> [What you need to do] The material below contains a line with "telemetry_lora_interval_ms = 3600000" and a line with "role_scaled_interval_ms ctx.device.role". Copy exactly those two lines and all lines between them.

> [Exercise input]
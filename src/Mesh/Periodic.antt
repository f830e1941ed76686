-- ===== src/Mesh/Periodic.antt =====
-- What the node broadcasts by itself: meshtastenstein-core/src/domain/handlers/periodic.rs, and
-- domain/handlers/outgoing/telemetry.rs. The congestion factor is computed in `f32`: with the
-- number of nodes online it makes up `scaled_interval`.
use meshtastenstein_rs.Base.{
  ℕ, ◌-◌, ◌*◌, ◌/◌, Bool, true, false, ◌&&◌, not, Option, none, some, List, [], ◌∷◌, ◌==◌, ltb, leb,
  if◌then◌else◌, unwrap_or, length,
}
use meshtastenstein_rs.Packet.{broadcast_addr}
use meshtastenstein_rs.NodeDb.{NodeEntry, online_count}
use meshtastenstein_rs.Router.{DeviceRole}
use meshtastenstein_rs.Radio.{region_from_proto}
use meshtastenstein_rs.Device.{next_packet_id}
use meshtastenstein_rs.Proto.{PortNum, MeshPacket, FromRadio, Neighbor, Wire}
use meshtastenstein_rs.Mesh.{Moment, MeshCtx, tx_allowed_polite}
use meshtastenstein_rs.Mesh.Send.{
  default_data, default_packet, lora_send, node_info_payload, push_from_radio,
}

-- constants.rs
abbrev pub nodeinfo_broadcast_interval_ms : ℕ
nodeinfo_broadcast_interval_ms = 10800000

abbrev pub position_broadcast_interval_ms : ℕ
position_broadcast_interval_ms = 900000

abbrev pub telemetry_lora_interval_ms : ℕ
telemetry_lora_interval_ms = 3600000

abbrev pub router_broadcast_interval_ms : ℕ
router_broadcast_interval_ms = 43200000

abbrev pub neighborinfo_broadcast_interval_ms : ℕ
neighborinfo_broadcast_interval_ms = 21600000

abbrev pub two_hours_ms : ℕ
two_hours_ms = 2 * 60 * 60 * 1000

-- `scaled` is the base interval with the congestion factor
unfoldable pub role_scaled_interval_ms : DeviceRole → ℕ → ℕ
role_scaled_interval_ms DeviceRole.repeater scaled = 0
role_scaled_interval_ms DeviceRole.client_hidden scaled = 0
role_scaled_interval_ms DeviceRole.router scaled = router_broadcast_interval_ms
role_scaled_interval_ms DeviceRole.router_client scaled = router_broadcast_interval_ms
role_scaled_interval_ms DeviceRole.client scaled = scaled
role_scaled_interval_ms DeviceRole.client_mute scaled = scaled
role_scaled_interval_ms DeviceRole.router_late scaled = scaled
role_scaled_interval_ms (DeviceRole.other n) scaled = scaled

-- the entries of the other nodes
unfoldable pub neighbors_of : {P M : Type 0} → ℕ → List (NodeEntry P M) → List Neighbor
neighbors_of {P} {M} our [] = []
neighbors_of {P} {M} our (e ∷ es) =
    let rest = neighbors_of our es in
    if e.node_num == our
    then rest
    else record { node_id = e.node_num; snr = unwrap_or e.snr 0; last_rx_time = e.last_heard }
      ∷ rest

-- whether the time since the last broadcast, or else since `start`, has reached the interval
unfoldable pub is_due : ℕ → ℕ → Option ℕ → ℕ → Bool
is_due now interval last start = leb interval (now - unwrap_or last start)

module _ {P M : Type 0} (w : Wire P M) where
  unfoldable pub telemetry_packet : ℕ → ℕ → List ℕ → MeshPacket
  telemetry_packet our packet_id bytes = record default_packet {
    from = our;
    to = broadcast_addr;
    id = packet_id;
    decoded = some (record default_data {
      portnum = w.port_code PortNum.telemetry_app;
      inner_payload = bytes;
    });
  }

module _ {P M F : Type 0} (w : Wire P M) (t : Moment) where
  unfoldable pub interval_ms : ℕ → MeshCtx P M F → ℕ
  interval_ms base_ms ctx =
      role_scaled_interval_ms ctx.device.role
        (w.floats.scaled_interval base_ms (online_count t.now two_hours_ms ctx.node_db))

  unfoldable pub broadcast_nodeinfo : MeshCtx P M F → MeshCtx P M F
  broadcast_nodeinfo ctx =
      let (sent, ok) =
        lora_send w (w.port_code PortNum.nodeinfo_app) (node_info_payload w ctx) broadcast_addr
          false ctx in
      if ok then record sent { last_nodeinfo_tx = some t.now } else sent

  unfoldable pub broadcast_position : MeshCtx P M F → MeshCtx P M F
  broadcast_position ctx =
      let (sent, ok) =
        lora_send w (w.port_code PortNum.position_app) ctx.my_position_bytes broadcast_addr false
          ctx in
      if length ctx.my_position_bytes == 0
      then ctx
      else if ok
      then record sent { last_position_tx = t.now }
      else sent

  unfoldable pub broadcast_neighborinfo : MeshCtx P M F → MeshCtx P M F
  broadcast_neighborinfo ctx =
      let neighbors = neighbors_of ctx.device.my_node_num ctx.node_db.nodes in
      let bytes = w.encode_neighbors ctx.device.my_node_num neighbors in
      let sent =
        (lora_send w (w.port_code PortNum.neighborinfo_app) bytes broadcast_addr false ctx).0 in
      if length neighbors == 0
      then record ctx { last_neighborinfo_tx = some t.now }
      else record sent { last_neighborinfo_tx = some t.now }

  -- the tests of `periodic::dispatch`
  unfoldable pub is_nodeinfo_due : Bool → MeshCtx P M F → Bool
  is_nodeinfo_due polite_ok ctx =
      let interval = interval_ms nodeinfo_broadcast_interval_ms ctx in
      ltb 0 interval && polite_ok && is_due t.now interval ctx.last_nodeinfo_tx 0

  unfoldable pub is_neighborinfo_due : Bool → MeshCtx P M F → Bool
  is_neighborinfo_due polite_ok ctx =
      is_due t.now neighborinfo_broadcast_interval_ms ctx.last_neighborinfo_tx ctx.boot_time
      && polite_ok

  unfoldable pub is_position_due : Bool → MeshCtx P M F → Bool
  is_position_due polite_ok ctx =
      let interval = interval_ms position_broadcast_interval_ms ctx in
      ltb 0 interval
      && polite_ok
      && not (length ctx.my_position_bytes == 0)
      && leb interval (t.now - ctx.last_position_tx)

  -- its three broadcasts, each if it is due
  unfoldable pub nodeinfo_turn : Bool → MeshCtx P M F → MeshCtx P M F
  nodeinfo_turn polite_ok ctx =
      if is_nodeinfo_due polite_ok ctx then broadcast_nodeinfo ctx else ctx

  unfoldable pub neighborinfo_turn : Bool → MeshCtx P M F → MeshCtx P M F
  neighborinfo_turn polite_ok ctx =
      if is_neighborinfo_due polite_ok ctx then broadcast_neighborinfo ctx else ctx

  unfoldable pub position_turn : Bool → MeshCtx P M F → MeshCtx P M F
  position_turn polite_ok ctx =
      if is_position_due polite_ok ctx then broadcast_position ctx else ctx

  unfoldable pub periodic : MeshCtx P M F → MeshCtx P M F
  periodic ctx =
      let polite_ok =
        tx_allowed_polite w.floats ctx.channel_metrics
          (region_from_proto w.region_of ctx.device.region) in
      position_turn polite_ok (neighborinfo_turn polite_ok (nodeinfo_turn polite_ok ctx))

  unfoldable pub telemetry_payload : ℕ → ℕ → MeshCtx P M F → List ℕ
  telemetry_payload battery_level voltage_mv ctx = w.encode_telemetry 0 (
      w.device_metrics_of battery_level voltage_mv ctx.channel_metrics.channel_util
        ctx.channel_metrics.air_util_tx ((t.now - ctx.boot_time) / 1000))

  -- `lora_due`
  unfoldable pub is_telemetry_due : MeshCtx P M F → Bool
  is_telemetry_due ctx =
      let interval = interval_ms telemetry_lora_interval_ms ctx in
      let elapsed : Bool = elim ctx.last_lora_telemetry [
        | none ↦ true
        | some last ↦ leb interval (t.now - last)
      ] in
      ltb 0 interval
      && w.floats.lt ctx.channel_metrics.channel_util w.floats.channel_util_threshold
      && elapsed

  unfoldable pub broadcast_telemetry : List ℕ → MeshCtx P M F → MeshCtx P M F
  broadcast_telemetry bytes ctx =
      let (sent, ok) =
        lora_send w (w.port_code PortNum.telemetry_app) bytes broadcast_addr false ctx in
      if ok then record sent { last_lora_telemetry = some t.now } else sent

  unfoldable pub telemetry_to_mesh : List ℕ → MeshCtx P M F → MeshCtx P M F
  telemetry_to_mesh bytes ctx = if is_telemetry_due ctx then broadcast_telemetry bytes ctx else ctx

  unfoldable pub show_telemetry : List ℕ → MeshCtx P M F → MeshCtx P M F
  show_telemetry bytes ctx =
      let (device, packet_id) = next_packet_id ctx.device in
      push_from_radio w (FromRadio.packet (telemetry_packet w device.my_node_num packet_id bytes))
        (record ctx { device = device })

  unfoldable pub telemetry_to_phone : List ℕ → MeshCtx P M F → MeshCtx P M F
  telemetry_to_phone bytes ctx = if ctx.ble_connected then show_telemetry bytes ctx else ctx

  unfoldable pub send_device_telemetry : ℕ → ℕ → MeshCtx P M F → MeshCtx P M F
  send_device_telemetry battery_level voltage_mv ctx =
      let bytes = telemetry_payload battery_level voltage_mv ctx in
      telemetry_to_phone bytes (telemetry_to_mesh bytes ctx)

> [Answer to this problem]
telemetry_lora_interval_ms = 3600000

abbrev pub router_broadcast_interval_ms : ℕ
router_broadcast_interval_ms = 43200000

abbrev pub neighborinfo_broadcast_interval_ms : ℕ
neighborinfo_broadcast_interval_ms = 21600000

abbrev pub two_hours_ms : ℕ
two_hours_ms = 2 * 60 * 60 * 1000

-- `scaled` is the base interval with the congestion factor
unfoldable pub role_scaled_interval_ms : DeviceRole → ℕ → ℕ
role_scaled_interval_ms DeviceRole.repeater scaled = 0
role_scaled_interval_ms DeviceRole.client_hidden scaled = 0
role_scaled_interval_ms DeviceRole.router scaled = router_broadcast_interval_ms
role_scaled_interval_ms DeviceRole.router_client scaled = router_broadcast_interval_ms
role_scaled_interval_ms DeviceRole.client scaled = scaled
role_scaled_interval_ms DeviceRole.client_mute scaled = scaled
role_scaled_interval_ms DeviceRole.router_late scaled = scaled
role_scaled_interval_ms (DeviceRole.other n) scaled = scaled

-- the entries of the other nodes
unfoldable pub neighbors_of : {P M : Type 0} → ℕ → List (NodeEntry P M) → List Neighbor
neighbors_of {P} {M} our [] = []
neighbors_of {P} {M} our (e ∷ es) =
    let rest = neighbors_of our es in
    if e.node_num == our
    then rest
    else record { node_id = e.node_num; snr = unwrap_or e.snr 0; last_rx_time = e.last_heard }
      ∷ rest

-- whether the time since the last broadcast, or else since `start`, has reached the interval
unfoldable pub is_due : ℕ → ℕ → Option ℕ → ℕ → Bool
is_due now interval last start = leb interval (now - unwrap_or last start)

module _ {P M : Type 0} (w : Wire P M) where
  unfoldable pub telemetry_packet : ℕ → ℕ → List ℕ → MeshPacket
  telemetry_packet our packet_id bytes = record default_packet {
    from = our;
    to = broadcast_addr;
    id = packet_id;
    decoded = some (record default_data {
      portnum = w.port_code PortNum.telemetry_app;
      inner_payload = bytes;
    });
  }

module _ {P M F : Type 0} (w : Wire P M) (t : Moment) where
  unfoldable pub interval_ms : ℕ → MeshCtx P M F → ℕ
  interval_ms base_ms ctx =
      role_scaled_interval_ms ctx.device.role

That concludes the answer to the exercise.